An exceptionally well-preserved skull from a fish which lived 384–382 million years ago helps explain how plate tectonics played a key role in the evolution of ancient bony fish which eventually led to humans.
The skull was found in a remote region of northern Western Australia. It lay in the Gogo Formation – a deposit which dates to the late Devonian period (419–359 million years ago). The Devonian is sometimes referred to as the “Age of Fishes”.
One group of fish which emerged during this time are coelacanths – lobe-finned fish which were thought to have gone extinct 66 million years ago at the end of the reign of dinosaurs.
More than 175 species of coelacanth have been identified from fossils going back to the earliest which lived 410 million years ago.
Coelacanths were found to be living off the coast of South Africa in 1938, earning the fish the title of “living fossil”.
These fishes – like the other living fossil, lobe-finned lungfish which can be found in Queensland – are closely related to the group of fishes that developed stronger limbs and climbed out of the water to lead to the evolution of all tetrapods including dinosaurs, whales and humans.
The newly discovered ancient species of coelacanth is described in a paper published in Nature Communications. It is named Ngamugawi wirngarri, meaning “ancient fish” in the local Gooniyandi/Guniyandi language of the Kimberley region where the Gogo Formation is located.

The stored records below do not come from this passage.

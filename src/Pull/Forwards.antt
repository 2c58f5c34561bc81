-- ===== src/Pull/Forwards.antt =====
-- src/sync/stages/pull/stage.rs: the events for the new blocks of one fetch.
use maestro_symphony.Prelude.{
  ℕ, suc, ◌≡◌, ◌≤◌, refl, sym, subst, ◌∙◌, arith, List, [], ◌∷◌, map, Bool-cases, inl, inr, Bytes,
  list_beq, list_beq_iff, list_eq, nat_eq, ok, err,
}
use maestro_symphony.Core.{Point}
use maestro_symphony.Worker.Stage.{ChainEvent, roll_forward, roll_back, mempool_blocks}
use maestro_symphony.Pull.Fetch.{
  Header, Block, Worker, Fetched, number, point_of, last_of, raise_tip, add_event, forward,
}

-- New blocks, one height after the other, under a tip that is not below them.
abbrev pub Follows : ℕ → List ChainEvent → Type 0
Follows height [] = Unit
Follows height (roll_forward point prev txs tip ∷ events) =
    (point.height ≡ suc height) × (point.height ≤ tip.height) × Follows point.height events
Follows height (roll_back point ∷ events) = ⊥
Follows height (mempool_blocks info bs ∷ events) = ⊥

-- The first block names the hash as that of the block before it.
abbrev pub Links : Bytes → List ChainEvent → Type 0
Links hash (roll_forward point prev txs tip ∷ events) = prev ≡ hash
Links hash _ = Unit

-- Each event carries the header and the block that the node answered in its place: the block is the
-- header's, and the event has its hash, the hash of the block before it, and its transactions.
abbrev pub Carries : List (Header × Block) → List ChainEvent → Type 0
Carries [] [] = Unit
Carries ((header, block) ∷ hs) (roll_forward point prev txs tip ∷ events) =
    (point.hash ≡ header.block_hash)
    × (block.block_hash ≡ header.block_hash)
    × (prev ≡ header.prev_blockhash)
    × (txs ≡ block.txdata)
    × Carries hs events
Carries hs events = ⊥

abbrev pub LinksTo : List (Header × Block) → List ChainEvent → Type 0
LinksTo [] events = Unit
LinksTo ((first, block) ∷ hs) events = Links first.prev_blockhash events

abbrev pub last_point : Point → List ChainEvent → Point
last_point p [] = p
last_point p (roll_forward point prev txs tip ∷ events) = last_point point events
last_point p (_ ∷ events) = last_point p events

add_event-ok :
    (event : ChainEvent) (r : Fetched) (w : Worker) (events : List ChainEvent)
    → add_event event r ≡ (w, ok events)
    → (rest : List ChainEvent) × (r ≡ (w, ok rest)) × (event ∷ rest ≡ events)
add_event-ok event (v, ok rest) w events e = (rest, cc e, cc e)
add_event-ok event (v, err x) w events e = absurd (cc e)

raise_tip-le : (point : Point) (w : Worker) → point.height ≤ (raise_tip point w).tip.height
raise_tip-le point w = ground arith

raise_tip-cursor : (point : Point) (w : Worker) → (raise_tip point w).cursor ≡ w.cursor
raise_tip-cursor point w = ground arith

-- What the loop over the blocks answers.
pub record IsForward (height : ℕ) (hs : List (Header × Block)) (w w' : Worker)
    (events : List ChainEvent) : Type 0 where
  pub follows : Follows height events
  pub same_cursor : w'.cursor ≡ w.cursor
  pub same_last :
      (p : Point) → last_point p events ≡ last_of p (map point_of (number (suc height) hs))
  pub links : LinksTo hs events
  pub carries : Carries hs events

pub forward-IsForward :
    (height : ℕ) (hs : List (Header × Block)) (w w' : Worker) (events : List ChainEvent)
    → forward (number (suc height) hs) w ≡ (w', ok events)
    → IsForward height hs w w' events
unfolding forward
forward-IsForward height [] w w' events e =
    subst (IsForward height [] w w') {x = []} (cc e)
      (record { follows = tt; same_cursor = cc e; same_last = λ p. refl; links = tt; carries = tt })
forward-IsForward height ((header, block) ∷ hs) w w' events e =
    elim (Bool-cases (list_beq header.block_hash block.block_hash)) [
      | inr b ↦ absurd (cc (rw b at e))
      | inl b ↦
          let point : Point = record { height = suc height; hash = header.block_hash } in
          let u : Worker = raise_tip point w in
          let event : ChainEvent = roll_forward point header.prev_blockhash block.txdata u.tip in
          let (rest, r, q) =
            add_event-ok event (forward (number (suc (suc height)) hs) u) w' events (rw b at e) in
          let k : IsForward (suc height) hs u w' rest =
            forward-IsForward (suc height) hs u w' rest r in
          subst (IsForward height ((header, block) ∷ hs) w w') q (record {
            follows = (refl, raise_tip-le point w, k.follows);
            same_cursor = k.same_cursor ∙ raise_tip-cursor point w;
            same_last = λ p. k.same_last point;
            links = refl;
            carries = (
              refl,
              sym ((list_beq_iff header.block_hash block.block_hash).0 b),
              refl,
              refl,
              k.carries,
            );
          })
    ]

N. wirngarri’s skull is mostly complete and measures a little more than 2 cm in length.
“Our analyses found that tectonic plate activity had a profound influence on rates of coelacanth evolution,” says first author Alice Clement, an evolutionary biologist and palaeontologist from South Australia’s Flinders University. “Namely that new species of coelacanth were more likely to evolve during periods of heightened tectonic activity as new habitats were divided and created.”
The new finding confirms the Gogo Formation as one of the richest and best-preserved assemblages of fossil fishes and invertebrates in the world.

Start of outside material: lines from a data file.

-- ===== src/Pull/Chain.antt =====
-- src/sync/stages/pull/stage.rs: the events of one fetch as a piece of the node's chain.
use maestro_symphony.Prelude.{
  ℕ, zero, suc, ◌≡◌, ◌≢◌, ◌<◌, refl, sym, ap, subst, ◌∙◌, arith, List, [], ◌∷◌, ◌++◌, map, reverse,
  length, take, Option, none, some, Bool-cases, ◌⊎◌, inl, inr, list_eq, nat_eq, ltb, eqb, lookup,
  ok, err, bind-ok, ok-injective, Result-cases,
}
use mathlib.Core.List.{reverse-cons}
use maestro_symphony.Core.{Point}
use maestro_symphony.Worker.Stage.{ChainEvent, roll_back}
use maestro_symphony.Pull.Fetch.{
  Header, Block, Peer, Settings, Worker, Fetched, cursor_map, rollback_from, number, zip, point_of,
  last_of, retain_below, add_options, extend_cursor, next_cursor, forward, prepend, connect,
  with_blocks, with_headers, fetch_chain_actions,
}
use maestro_symphony.Pull.Forwards.{
  Follows, Links, Carries, last_point, IsForward, forward-IsForward,
}

-- A cursor whose first point is this one.
abbrev pub IsAt : Point → Worker → Type 0
IsAt p w = (ps : List Point) × (w.cursor ≡ p ∷ ps)

reverse-head :
    (x : Point) (xs : List Point) → (ys : List Point) × (reverse (x ∷ xs) ≡ last_of x xs ∷ ys)
reverse-head x [] = ([], reverse-cons x [])
reverse-head x (y ∷ xs) =
    let (ys, e) = reverse-head y xs in
    (ys ++ (x ∷ []), reverse-cons x (y ∷ xs) ∙ ap (λ l. l ++ (x ∷ [])) e)

extend_cursor-head :
    (settings : Settings) (p : Point) (ps cursor : List Point)
    → extend_cursor settings (p ∷ ps) ≡ ok cursor
    → (qs : List Point) × (cursor ≡ p ∷ qs)
extend_cursor-head settings p ps cursor e = elim (Bool-cases (ltb (length (p ∷ ps)) 50)) [
  | inr b ↦ (ps, sym (ok-injective (rw b at e)))
  | inl b ↦
      let (options, a, c) =
        bind-ok settings.options (λ options. ok (add_options (p ∷ ps) options)) cursor
          (rw b at e) in
      (ps ++ retain_below (last_of p ps).height options, sym (ok-injective c))
]

-- The new cursor begins with the last of the new points.
next_cursor-head :
    (settings : Settings) (h : (Header × Block) × ℕ) (hs : List ((Header × Block) × ℕ))
    (cursor : List Point)
    → next_cursor settings (h ∷ hs) ≡ ok cursor
    → (ps : List Point) × (cursor ≡ last_of (point_of h) (map point_of hs) ∷ ps)
unfolding next_cursor
next_cursor-head settings h hs cursor e =
    let (ys, r) = reverse-head (point_of h) (map point_of hs) in
    let (c, a, b) =
      bind-ok (extend_cursor settings (take 50 (reverse (map point_of (h ∷ hs)))))
        (λ c. ok (c ++ (record { height = 0; hash = settings.genesis_hash } ∷ []))) cursor e in
    let (zs, q) =
      extend_cursor-head settings (last_of (point_of h) (map point_of hs)) (take 49 ys) c
        (subst (λ l. extend_cursor settings (take 50 l) ≡ ok c) r a) in
    (
      zs ++ (record { height = 0; hash = settings.genesis_hash } ∷ []),
      sym (ok-injective b)
          ∙ ap (λ l. l ++ (record { height = 0; hash = settings.genesis_hash } ∷ [])) q,
    )

prepend-ok :
    (before : List ChainEvent) (r : Fetched) (w : Worker) (events : List ChainEvent)
    → prepend before r ≡ (w, ok events)
    → (rest : List ChainEvent) × (r ≡ (w, ok rest)) × (before ++ rest ≡ events)
prepend-ok before (v, ok rest) w events e = (rest, cc e, cc e)
prepend-ok before (v, err x) w events e = absurd (cc e)

-- A rollback stands before the blocks exactly if the first point of the cursor has another height.
abbrev pub StartsFrom : List Point → Point → List ChainEvent → List ChainEvent → Type 0
StartsFrom [] intersect events forwards = events ≡ forwards
StartsFrom (tip ∷ ps) intersect events forwards =
    ((intersect.height ≡ tip.height) × (events ≡ forwards))
    ⊎ ((intersect.height ≢ tip.height) × (events ≡ roll_back intersect ∷ forwards))

rollback_from-StartsFrom :
    (cursor : List Point) (intersect : Point) (forwards : List ChainEvent)
    → StartsFrom cursor intersect (rollback_from cursor intersect ++ forwards) forwards
rollback_from-StartsFrom [] intersect forwards = refl
rollback_from-StartsFrom (tip ∷ ps) intersect forwards =
    elim (Bool-cases (eqb intersect.height tip.height)) [
      | inl b ↦ inl (ground arith, rw b refl)
      | inr b ↦ inr (λ e. ground (arith, e), rw b refl)
    ]

-- The events of new headers with their blocks, from `intersect`, a point of the cursor: a rollback to it,
-- unless the cursor's first point has its height, then one event for each, the last of which the new
-- cursor starts at.
pub record IsConnected (hs : List (Header × Block)) (w w' : Worker) (events : List ChainEvent)
    : Type 0 where
  pub intersect : Point
  pub forwards : List ChainEvent
  pub known : lookup intersect.hash (cursor_map w.cursor []) ≡ some intersect.height
  pub are_events : StartsFrom w.cursor intersect events forwards
  pub carries : Carries hs forwards
  pub follow : Follows intersect.height forwards
  pub link : Links intersect.hash forwards
  pub moves_on : IsAt (last_point intersect forwards) w'

-- The headers and blocks of a fetch are the node's: the first page of the headers that it answers to
-- the hashes of the cursor, and the blocks that it answers to theirs, one for each.
pub record IsFetch (settings : Settings) (peer : Peer) (w w' : Worker) (events : List ChainEvent)
    : Type 0 where
  pub headers : List Header
  pub blocks : List Block
  pub gets_headers : peer.get_new_headers (map (λ p. p.hash) w.cursor) ≡ some headers
  pub gets_blocks :
      peer.get_blocks (map (λ h. h.block_hash) (take settings.block_page_size headers))
      ≡ some blocks
  pub one_each : length (take settings.block_page_size headers) ≡ length blocks
  pub connected : IsConnected (zip (take settings.block_page_size headers) blocks) w w' events

connect-IsConnected :
    (settings : Settings) (w w' : Worker) (first : Header) (block : Block)
    (hs : List (Header × Block)) (o : Option ℕ) (events : List ChainEvent)
    → lookup first.prev_blockhash (cursor_map w.cursor []) ≡ o
    → connect settings w first ((first, block) ∷ hs) o ≡ (w', ok events)
    → IsConnected ((first, block) ∷ hs) w w' events
connect-IsConnected settings w w' first block hs none events k e = absurd (cc e)
connect-IsConnected settings w w' first block hs (some height) events k e =
    elim (Result-cases (next_cursor settings (number (suc height) ((first, block) ∷ hs)))) [
      | inr (x, q) ↦ absurd (cc (rw q at e))
      | inl (cursor, q) ↦
          let intersect : Point = record { height = height; hash = first.prev_blockhash } in
          let v : Worker = record w { cursor = cursor } in
          let (rest, r, j) =
            prepend-ok (rollback_from w.cursor intersect)
              (forward (number (suc height) ((first, block) ∷ hs)) v) w' events (rw q at e) in
          let f : IsForward height ((first, block) ∷ hs) v w' rest =
            forward-IsForward height ((first, block) ∷ hs) v w' rest r in
          let (ps, c) =
            next_cursor-head settings ((first, block), suc height) (number (suc (suc height)) hs)
              cursor q in
          record {
            intersect = intersect;
            forwards = rest;
            known = k;
            are_events =
                subst (λ l. StartsFrom w.cursor intersect l rest) j
                  (rollback_from-StartsFrom w.cursor intersect rest);
            carries = f.carries;
            follow = f.follows;
            link = f.links;
            moves_on = (ps, f.same_cursor ∙ c ∙ ap (λ p. p ∷ ps) (sym (f.same_last intersect)));
          }
    ]

with_blocks-IsConnected :
    (settings : Settings) (w w' : Worker) (first : Header) (more : List Header)
    (o : Option (List Block)) (events : List ChainEvent)
    → with_blocks settings w first (first ∷ more) o ≡ (w', ok events)
    → (blocks : List Block) × (o ≡ some blocks)
      × (length (first ∷ more) ≡ length blocks)
      × IsConnected (zip (first ∷ more) blocks) w w' events
with_blocks-IsConnected settings w w' first more none events e = absurd (cc e)
with_blocks-IsConnected settings w w' first more (some []) events e =
    elim (Bool-cases (eqb (length (first ∷ more)) (length (let bs : List Block = [] in bs)))) [
      | inr b ↦ absurd (cc (rw b at e))
      | inl b ↦ absurd (ground arith)
    ]
with_blocks-IsConnected settings w w' first more (some (block ∷ blocks)) events e =
    elim (Bool-cases (eqb (length (first ∷ more)) (length (block ∷ blocks)))) [
      | inr b ↦ absurd (cc (rw b at e))
      | inl b ↦ (
        block ∷ blocks,
        refl,
        ground arith,
        connect-IsConnected settings w w' first block (zip more blocks) _ events refl (rw b at e),
      )
    ]

-- A header has an event.
some_events :
    (w w' : Worker) (first : Header) (rest : List Header) (blocks : List Block)
    (events : List ChainEvent)
    → length (first ∷ rest) ≡ length blocks
    → IsConnected (zip (first ∷ rest) blocks) w w' events
    → events ≢ []
some_events w w' first rest [] events n c = absurd (omega (arith, n))
some_events w w' first rest (block ∷ blocks) events n c =
    of_forwards c.forwards c.carries (starts w.cursor c.are_events)
  where
    of_forwards :
        (fs : List ChainEvent)
        → Carries ((first, block) ∷ zip rest blocks) fs
        → (events ≡ fs) ⊎ (events ≡ roll_back c.intersect ∷ fs)
        → events ≢ []
    of_forwards [] k e = absurd k
    of_forwards (f ∷ fs) k e = λ q. ground (arith, e, q)

    starts :
        (cursor : List Point)
        → StartsFrom cursor c.intersect events c.forwards
        → (events ≡ c.forwards) ⊎ (events ≡ roll_back c.intersect ∷ c.forwards)
    starts [] h = inl h
    starts (tip ∷ ps) (inl h) = inl h.1
    starts (tip ∷ ps) (inr h) = inr h.1

-- A fetch of pages that are not empty that succeeds answers no events and leaves the worker as it was
-- exactly where the node answers no headers to the cursor. Else its events carry the first page of
-- those headers and the blocks that the node answers to their hashes, in order and with their
-- transactions, each block with the hash of its header: a rollback to a point of the cursor exactly if
-- the first point of the cursor has another height, then the blocks at consecutive heights from it
-- on, the first of which names that point as the block before it, each under a tip that is not below
-- it. The new cursor begins with the last block sent.
pub fetch_chain_actions-IsFetch :
    (settings : Settings) (peer : Peer) (w w' : Worker) (events : List ChainEvent)
    → 0 < settings.block_page_size
    → fetch_chain_actions settings peer w ≡ (w', ok events)
    → ((peer.get_new_headers (map (λ p. p.hash) w.cursor) ≡ some []) × (w' ≡ w) × (events ≡ []))
      ⊎ ((events ≢ []) × IsFetch settings peer w w' events)
unfolding fetch_chain_actions
fetch_chain_actions-IsFetch settings peer w w' events p e =
    answered (peer.get_new_headers (map (λ p. p.hash) w.cursor)) refl e
  where
    paged :
        (size : ℕ) (first : Header) (more : List Header)
        → 0 < size
        → (rest : List Header) × (take size (first ∷ more) ≡ first ∷ rest)
    paged zero first more p = absurd (omega arith)
    paged (suc n) first more p = (take n more, refl)

    answered :
        (o : Option (List Header))
        → peer.get_new_headers (map (λ p. p.hash) w.cursor) ≡ o
        → with_headers settings peer w o ≡ (w', ok events)
        → ((peer.get_new_headers (map (λ p. p.hash) w.cursor) ≡ some []) × (w' ≡ w) × (events ≡ []))
          ⊎ ((events ≢ []) × IsFetch settings peer w w' events)
    answered none q e = absurd (cc e)
    answered (some []) q e = inl (q, cc e, cc e)
    answered (some (first ∷ more)) q e =
        let (rest, t) = paged settings.block_page_size first more p in
        let (blocks, g, n, c) =
          with_blocks-IsConnected settings w w' first rest
            (peer.get_blocks (map (λ h. h.block_hash) (first ∷ rest))) events
            (subst
              (λ hs.
                with_blocks settings w first hs (peer.get_blocks (map (λ h. h.block_hash) hs))
                ≡ (w', ok events))
              t e) in
        inr (
          some_events w w' first rest blocks events n c,
          record {
            headers = first ∷ more;
            blocks = blocks;
            gets_headers = q;
            gets_blocks = ap (λ hs. peer.get_blocks (map (λ h. h.block_hash) hs)) t ∙ g;
            one_each = ap length t ∙ n;
            connected = subst (λ hs. IsConnected (zip hs blocks) w w' events) (sym t) c;
          },
        )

According to senior author John Long, also from Flinders University, the new fish “provides us with some great insight into the early anatomy of this lineage that eventually led to humans”.
“For more than 35 years, we have found several perfectly preserved 3D fish fossils from Gogo sites which have yielded many significant discoveries, including mineralised soft tissues and the origins of complex sexual reproduction in vertebrates,” says Long. “Our study of this new species led us to analyse the evolutionary history of all known coelacanths.”

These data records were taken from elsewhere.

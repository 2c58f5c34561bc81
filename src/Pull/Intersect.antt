-- ===== src/Pull/Intersect.antt =====
-- src/sync/stages/index/indexers/core/hash_by_height.rs: the points of the indexed chain that the node
-- is asked about. A `while` loop takes fuel.
use maestro_symphony.Prelude.{
  ℕ, zero, suc, ◌+◌, ◌-◌, ◌*◌, ◌^◌, ◌%◌, ◌≡◌, ◌≤◌, ◌<◌, refl, ap, arith, List, [], ◌∷◌, ◌++◌, map,
  All, Option, none, some, Bool-cases, inl, inr, Bytes, leb, eqb, if◌then◌else◌, Result, ok, ◌>>=◌,
}
use maestro_symphony.Codec.{ok_or}
use maestro_symphony.Encdec.Range.{KeyRange}
use maestro_symphony.Table.{encode_range, decode_entry}
use maestro_symphony.Core.{Point, Error, panic, lift_decoding, hash_by_height_kv}
use maestro_symphony.Store.{Db, reader_get}

abbrev pub next_step : ℕ → ℕ → ℕ
next_step len step = if leb 10 len then (step * 2) % (2 ^ 64) else step

abbrev pub also : ℕ → Option (List ℕ) → Option (List ℕ)
also index none = none
also index (some indexes) = some (index ∷ indexes)

-- The loop over `index`, with `len` indexes before it; `none` means that the fuel ran out.
unfoldable pub indexes_from : ℕ → ℕ → ℕ → ℕ → Option (List ℕ)
indexes_from zero len step index = none
indexes_from (suc fuel) len step index =
    let step' = next_step (len + 1) step in
    let rest = also index (indexes_from fuel (len + 1) step' (index - step')) in
    if eqb (index - step') 0 then some (index ∷ []) else rest

module _ (db : Db) (s : db.Store) (read_ts : ℕ) where
  -- The hash of an indexed height; one that is missing is a panic.
  unfoldable pub points_at : List ℕ → Result Error (List Point)
  points_at [] = ok []
  points_at (height ∷ heights) = do
    found ← reader_get db hash_by_height_kv s read_ts height
    hash ← ok_or found (panic "missing hash by height kv")
    points ← points_at heights
    ok (record { height = height; hash = hash } ∷ points)

  -- The first entry of a reverse iteration over a range is what RocksDB answers.
  abbrev pub LastEntry : Type 0
  LastEntry = KeyRange → Option (Bytes × Bytes)

  abbrev pub height_of_entry : Option (Bytes × Bytes) → Result Error (Option ℕ)
  height_of_entry none = ok none
  height_of_entry (some entry) = do
    (height, hash) ← lift_decoding (decode_entry hash_by_height_kv entry)
    ok (some height)

  abbrev pub points_from : Option ℕ → Result Error (List Point)
  points_from none = ok []
  points_from (some tip_height) = do
    indexes ← ok_or (indexes_from (tip_height + 1) 0 1 tip_height) (panic "out of fuel")
    points_at indexes

  unfoldable pub intersect_options : LastEntry → Bytes → Result Error (List Point)
  intersect_options last_entry genesis_hash = do
    last_entry_height ← height_of_entry (last_entry (encode_range hash_by_height_kv none none))
    out ← points_from last_entry_height
    ok (out ++ (record { height = 0; hash = genesis_hash } ∷ []))

-- Strictly below the bound, and strictly falling.
abbrev pub Falls : ℕ → List ℕ → Type 0
Falls bound [] = Unit
Falls bound (x ∷ xs) = (x < bound) × (0 < x) × Falls x xs

-- The loop ends: as many rounds as the height, and no index twice.
indexes_from-Falls :
    (fuel len step index tip : ℕ)
    → index < fuel
    → 0 < step
    → step + index ≤ tip + 1
    → tip < 2 ^ 63
    → (rest : List ℕ) × (indexes_from fuel len step index ≡ some (index ∷ rest)) × Falls index rest
unfolding indexes_from
indexes_from-Falls zero len step index tip f p b t = absurd (omega (arith, f))
indexes_from-Falls (suc fuel) len step index tip f p b t =
    elim (Bool-cases (eqb (index - next_step (len + 1) step) 0)) [
      | inl e ↦ ([], rw e refl, tt)
      | inr e ↦
          let (rest, q, h) =
            indexes_from-Falls fuel (len + 1) (next_step (len + 1) step)
              (index - next_step (len + 1) step) tip (ground arith) (ground arith) (ground arith)
              t in
          (
            (index - next_step (len + 1) step) ∷ rest,
            rw (e, q) refl,
            (ground arith, ground arith, h),
          )
    ]

abbrev pub heights_of : List Point → List ℕ
heights_of points = map (λ p. p.height) points

module _ (db : Db) (s : db.Store) (read_ts : ℕ) where
  -- The store has a hash of the height.
  abbrev pub IsIndexed : ℕ → Type 0
  IsIndexed height =
      (hash : Bytes) × (reader_get db hash_by_height_kv s read_ts height ≡ ok (some hash))

  abbrev pub IsStoredPoint : Point → Type 0
  IsStoredPoint p = reader_get db hash_by_height_kv s read_ts p.height ≡ ok (some p.hash)

  points_at-total :
      (heights : List ℕ)
      → All IsIndexed heights
      → (points : List Point) × (points_at db s read_ts heights ≡ ok points)
        × (heights_of points ≡ heights)
        × All IsStoredPoint points
  unfolding points_at
  points_at-total [] h = ([], refl, refl, tt)
  points_at-total (height ∷ heights) h =
      let (hash, e) = h.0 in
      let (points, a, b, c) = points_at-total heights h.1 in
      (
        record { height = height; hash = hash } ∷ points,
        rw (e, a) refl,
        ap (λ xs. height ∷ xs) b,
        (e, c),
      )

  Falls-All :
      (P : ℕ → Type 0) (bound : ℕ) (xs : List ℕ)
      → ((n : ℕ) → 0 < n → n < bound → P n)
      → Falls bound xs
      → All P xs
  Falls-All P bound [] k h = tt
  Falls-All P bound (x ∷ xs) k h =
      (k x h.1 h.0, Falls-All P x xs (λ n a b. k n a (omega (arith, h.0))) h.2)

-- Where the last entry of the table is of a height above zero and below 2 ^ 63, and every height from
-- one to it is indexed, the search ends with an answer: points that the store has, the first at the
-- last height and the others at falling heights above zero, and then the genesis block.
pub intersect_options-total :
    (db : Db) (s : db.Store) (read_ts : ℕ) (last_entry : LastEntry db s read_ts)
    (genesis_hash : Bytes) (entry : Bytes × Bytes) (tip : ℕ) (hash : Bytes)
    → last_entry (encode_range hash_by_height_kv none none) ≡ some entry
    → decode_entry hash_by_height_kv entry ≡ ok (tip, hash)
    → 0 < tip
    → tip < 2 ^ 63
    → ((n : ℕ) → 0 < n → n ≤ tip → IsIndexed db s read_ts n)
    → (points : List Point) × (heights : List ℕ) × (intersect_options db s read_ts last_entry
          genesis_hash
        ≡ ok (points ++ (record { height = 0; hash = genesis_hash } ∷ [])))
      × (heights_of points ≡ tip ∷ heights)
      × Falls tip heights
      × All (IsStoredPoint db s read_ts) points
unfolding intersect_options
intersect_options-total db s read_ts last_entry genesis_hash entry tip hash e d p t k =
    let (heights, q, f) =
      indexes_from-Falls (tip + 1) 0 1 tip tip (omega arith) (omega arith) (omega arith) t in
    let (points, a, b, c) = points_at-total db s read_ts (tip ∷ heights) (
      k tip p (omega arith),
      Falls-All db s read_ts (IsIndexed db s read_ts) tip heights (λ n x y. k n x (omega arith)) f,
    ) in
    (points, heights, rw (e, d, q, a) refl, b, f, c)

The new fossil challenges the claim that coelacanth genus Latimeria should be considered living fossils.
“They first appear in the geological record more than 410 million years ago, with fragmentary fossils known from places like China and Australia,” says senior co-author Richard Cloutier from the University of Quebec in Rimouski. “However, most of the early forms remain poorly known, making Ngamugawi wirngarri the best-known Devonian coelacanth.”
“As we slowly fill in the gaps, we can start to understand how living coelacanth species of Latimeria, which commonly are considered to be ‘living fossils,’ actually are continuing to evolve and might not deserve such an enigmatic title,” Cloutier notes.